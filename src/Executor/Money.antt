-- ===== src/Executor/Money.antt =====
-- src/block/block_executor.cpp: what the commit of a transfer does to the balances.
use blockchain_demo.Prelude.{
  ℕ, ◌≡◌, refl, sym, ◌∙◌, ap, false, Option, none, some, Bytes, bytes_eq, bytes_eq_iff,
  if◌then◌else◌, eq_of_some, Bool-cases, inl, inr,
}
use blockchain_demo.Account.{AccountState}
use blockchain_demo.Transaction.{Transaction}
use blockchain_demo.Storage.{Sqlite, account_of, get_account, put_account}
use blockchain_demo.Storage.Schema.{Tables, AccountRow, effect}
use blockchain_demo.Executor.{debit, credit, value_or_new, account_or_new}
use blockchain_demo.Executor.Commit.{debited_sender}

-- What `GetAccount(...).value_or(...)` makes of a row.
abbrev of_row : Bytes → Option AccountRow → AccountState
of_row q o = value_or_new q (account_of q o)

of_row_address : (q : Bytes) (o : Option AccountRow) → (of_row q o).address ≡ q
of_row_address q none = refl
of_row_address q (some row) = refl

of_row_put :
    (state : AccountState) (value : Bytes) (height : ℕ) (q : Bytes) (o : Option AccountRow)
    → of_row q (
        if bytes_eq state.address q
        then some (record {
          balance = state.balance;
          nonce = state.nonce;
          state_value = value;
          updated_height = height;
        })
        else o)
      ≡ (if bytes_eq state.address q then state else of_row q o)
of_row_put state value height q o = elim (Bool-cases (bytes_eq state.address q)) [
  | inl same ↦
      rw same (ap (λ a. record state { address = a }) (sym ((bytes_eq_iff state.address q).0 same)))
  | inr other ↦ rw other
]

module _ {D : Type 0} ⦃sqlite : Sqlite D⦄ where
  pub account_or_new-address : (db : D) (q : Bytes) → (account_or_new db q).address ≡ q
  unfolding account_or_new get_account
  account_or_new-address db q = of_row_address q ((sqlite.contents db).accounts q)

  -- A stored account is found again, and no other account changes.
  pub account_or_new-put_account :
      (db db' : D) (state : AccountState) (height : ℕ) (q : Bytes)
      → put_account db state height ≡ some db'
      → account_or_new db' q ≡ (if bytes_eq state.address q then state else account_or_new db q)
  unfolding put_account effect account_or_new
  account_or_new-put_account db db' state height q e =
      ap (λ (t : Tables). of_row q (t.accounts q))
        (sym (eq_of_some (sqlite.contents-step _ db db' e)))
      ∙ of_row_put state _ height q ((sqlite.contents db).accounts q)

  -- A transfer between two accounts has been applied.
  pub record IsTransferred (tx : Transaction) (db db' : D) : Type 0 where
    pub sender :
        (account_or_new db' tx.from).balance ≡ debit (account_or_new db tx.from).balance tx.amount
    pub nonce : (account_or_new db' tx.from).nonce ≡ tx.nonce
    pub receiver :
        (account_or_new db' tx.to).balance ≡ credit (account_or_new db tx.to).balance tx.amount
    pub others :
        (q : Bytes)
        → bytes_eq tx.from q ≡ false
        → bytes_eq tx.to q ≡ false
        → account_or_new db' q ≡ account_or_new db q

  module _ (height : ℕ) (tx : Transaction) (db : D) (apart : bytes_eq tx.from tx.to ≡ false) where
    -- Half way, the sender has paid.
    record IsDebited (db1 : D) : Type 0 where
      accounts :
          (q : Bytes)
          → account_or_new db1 q
            ≡ (if bytes_eq tx.from q then debited_sender db tx else account_or_new db q)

================================

= Activity =
Repeat word for word the lines above that run from the line containing "state else account_or_new db q)" through the line containing "q ≡ account_or_new db q", both ends included, and nothing else.

= Result =
      → account_or_new db' q ≡ (if bytes_eq state.address q then state else account_or_new db q)
  unfolding put_account effect account_or_new
  account_or_new-put_account db db' state height q e =
      ap (λ (t : Tables). of_row q (t.accounts q))
        (sym (eq_of_some (sqlite.contents-step _ db db' e)))
      ∙ of_row_put state _ height q ((sqlite.contents db).accounts q)

  -- A transfer between two accounts has been applied.
  pub record IsTransferred (tx : Transaction) (db db' : D) : Type 0 where
    pub sender :
        (account_or_new db' tx.from).balance ≡ debit (account_or_new db tx.from).balance tx.amount
    pub nonce : (account_or_new db' tx.from).nonce ≡ tx.nonce
    pub receiver :
        (account_or_new db' tx.to).balance ≡ credit (account_or_new db tx.to).balance tx.amount
    pub others :
        (q : Bytes)
        → bytes_eq tx.from q ≡ false
        → bytes_eq tx.to q ≡ false
        → account_or_new db' q ≡ account_or_new db q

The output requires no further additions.